=== Problem requirements ===
From the data below, retype exactly the lines starting with the one that contains "parse_int-format_int_example = parse_int-format_int" and ending with the one that contains "escaped_text = refl", both included.

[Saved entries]
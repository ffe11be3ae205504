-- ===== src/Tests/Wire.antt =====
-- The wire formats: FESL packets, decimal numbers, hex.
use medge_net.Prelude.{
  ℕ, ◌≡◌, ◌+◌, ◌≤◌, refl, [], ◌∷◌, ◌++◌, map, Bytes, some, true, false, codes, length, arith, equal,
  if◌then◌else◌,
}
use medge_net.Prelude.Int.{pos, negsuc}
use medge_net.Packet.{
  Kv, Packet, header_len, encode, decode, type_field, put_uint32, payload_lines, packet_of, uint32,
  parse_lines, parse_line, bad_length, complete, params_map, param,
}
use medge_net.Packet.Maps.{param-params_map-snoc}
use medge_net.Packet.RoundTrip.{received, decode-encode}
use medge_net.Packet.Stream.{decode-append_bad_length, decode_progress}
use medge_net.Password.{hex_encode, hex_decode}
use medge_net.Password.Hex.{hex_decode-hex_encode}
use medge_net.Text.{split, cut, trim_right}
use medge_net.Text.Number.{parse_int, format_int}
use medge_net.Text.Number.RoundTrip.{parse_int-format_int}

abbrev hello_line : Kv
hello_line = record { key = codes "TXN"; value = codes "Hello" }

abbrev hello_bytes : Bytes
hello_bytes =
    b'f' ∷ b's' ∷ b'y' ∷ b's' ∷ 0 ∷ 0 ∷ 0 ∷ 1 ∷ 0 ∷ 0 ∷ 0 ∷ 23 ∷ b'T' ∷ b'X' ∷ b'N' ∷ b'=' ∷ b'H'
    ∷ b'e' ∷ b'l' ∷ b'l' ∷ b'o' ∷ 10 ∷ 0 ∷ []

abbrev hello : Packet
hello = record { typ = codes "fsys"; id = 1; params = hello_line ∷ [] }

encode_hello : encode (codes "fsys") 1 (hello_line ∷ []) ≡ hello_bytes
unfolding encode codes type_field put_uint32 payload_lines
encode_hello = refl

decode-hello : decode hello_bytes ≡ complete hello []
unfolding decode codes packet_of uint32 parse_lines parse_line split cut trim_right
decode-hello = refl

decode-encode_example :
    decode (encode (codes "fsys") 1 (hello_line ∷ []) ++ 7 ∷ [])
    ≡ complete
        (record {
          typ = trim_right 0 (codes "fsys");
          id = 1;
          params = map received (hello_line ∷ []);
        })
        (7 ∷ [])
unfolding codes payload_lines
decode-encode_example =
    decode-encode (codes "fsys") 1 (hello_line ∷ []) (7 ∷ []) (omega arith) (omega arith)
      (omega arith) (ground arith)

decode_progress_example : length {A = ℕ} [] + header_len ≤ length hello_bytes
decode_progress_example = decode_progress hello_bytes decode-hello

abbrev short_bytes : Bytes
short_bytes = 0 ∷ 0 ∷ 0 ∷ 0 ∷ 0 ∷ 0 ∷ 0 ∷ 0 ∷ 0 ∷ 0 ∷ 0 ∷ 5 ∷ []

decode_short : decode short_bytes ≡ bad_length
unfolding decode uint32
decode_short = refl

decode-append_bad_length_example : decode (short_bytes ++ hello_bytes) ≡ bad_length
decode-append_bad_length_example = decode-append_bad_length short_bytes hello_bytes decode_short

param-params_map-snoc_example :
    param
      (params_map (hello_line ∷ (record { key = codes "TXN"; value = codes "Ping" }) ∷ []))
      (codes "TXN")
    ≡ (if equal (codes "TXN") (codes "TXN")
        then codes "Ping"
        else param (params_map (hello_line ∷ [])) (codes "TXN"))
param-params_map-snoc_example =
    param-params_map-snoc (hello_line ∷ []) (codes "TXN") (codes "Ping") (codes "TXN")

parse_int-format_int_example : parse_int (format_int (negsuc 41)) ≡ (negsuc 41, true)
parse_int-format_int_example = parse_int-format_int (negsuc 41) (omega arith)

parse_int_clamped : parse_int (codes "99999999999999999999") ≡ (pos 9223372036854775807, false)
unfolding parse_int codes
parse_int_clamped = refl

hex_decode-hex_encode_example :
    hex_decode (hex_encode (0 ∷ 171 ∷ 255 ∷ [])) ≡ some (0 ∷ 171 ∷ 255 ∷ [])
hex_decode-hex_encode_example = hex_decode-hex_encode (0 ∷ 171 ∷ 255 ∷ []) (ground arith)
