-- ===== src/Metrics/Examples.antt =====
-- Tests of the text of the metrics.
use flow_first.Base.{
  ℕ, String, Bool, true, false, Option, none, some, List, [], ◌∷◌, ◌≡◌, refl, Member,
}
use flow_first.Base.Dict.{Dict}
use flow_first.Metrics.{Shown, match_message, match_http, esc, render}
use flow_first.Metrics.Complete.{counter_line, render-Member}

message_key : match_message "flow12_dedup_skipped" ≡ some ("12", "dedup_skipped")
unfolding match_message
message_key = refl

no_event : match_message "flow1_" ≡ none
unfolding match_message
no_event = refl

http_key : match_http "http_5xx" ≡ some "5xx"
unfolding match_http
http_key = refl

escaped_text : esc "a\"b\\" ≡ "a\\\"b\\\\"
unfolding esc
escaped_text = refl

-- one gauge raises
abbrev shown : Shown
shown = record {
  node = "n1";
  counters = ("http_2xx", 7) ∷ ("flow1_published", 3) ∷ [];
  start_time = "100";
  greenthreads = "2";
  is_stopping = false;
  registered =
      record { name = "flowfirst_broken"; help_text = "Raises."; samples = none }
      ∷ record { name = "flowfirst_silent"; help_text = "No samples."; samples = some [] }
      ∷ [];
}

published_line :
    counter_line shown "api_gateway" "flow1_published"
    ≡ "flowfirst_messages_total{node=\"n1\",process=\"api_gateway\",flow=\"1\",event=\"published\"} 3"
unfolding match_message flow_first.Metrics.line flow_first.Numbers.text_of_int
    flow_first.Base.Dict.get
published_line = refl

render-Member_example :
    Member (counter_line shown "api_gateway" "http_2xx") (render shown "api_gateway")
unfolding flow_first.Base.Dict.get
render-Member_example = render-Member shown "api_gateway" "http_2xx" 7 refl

=== Task result ===
parse_int-format_int_example = parse_int-format_int (negsuc 41) (omega arith)

parse_int_clamped : parse_int (codes "99999999999999999999") ≡ (pos 9223372036854775807, false)
unfolding parse_int codes
parse_int_clamped = refl

hex_decode-hex_encode_example :
    hex_decode (hex_encode (0 ∷ 171 ∷ 255 ∷ [])) ≡ some (0 ∷ 171 ∷ 255 ∷ [])
hex_decode-hex_encode_example = hex_decode-hex_encode (0 ∷ 171 ∷ 255 ∷ []) (ground arith)
-- ===== src/Metrics/Examples.antt =====
-- Tests of the text of the metrics.
use flow_first.Base.{
  ℕ, String, Bool, true, false, Option, none, some, List, [], ◌∷◌, ◌≡◌, refl, Member,
}
use flow_first.Base.Dict.{Dict}
use flow_first.Metrics.{Shown, match_message, match_http, esc, render}
use flow_first.Metrics.Complete.{counter_line, render-Member}

message_key : match_message "flow12_dedup_skipped" ≡ some ("12", "dedup_skipped")
unfolding match_message
message_key = refl

no_event : match_message "flow1_" ≡ none
unfolding match_message
no_event = refl

http_key : match_http "http_5xx" ≡ some "5xx"
unfolding match_http
http_key = refl

escaped_text : esc "a\"b\\" ≡ "a\\\"b\\\\"
unfolding esc
escaped_text = refl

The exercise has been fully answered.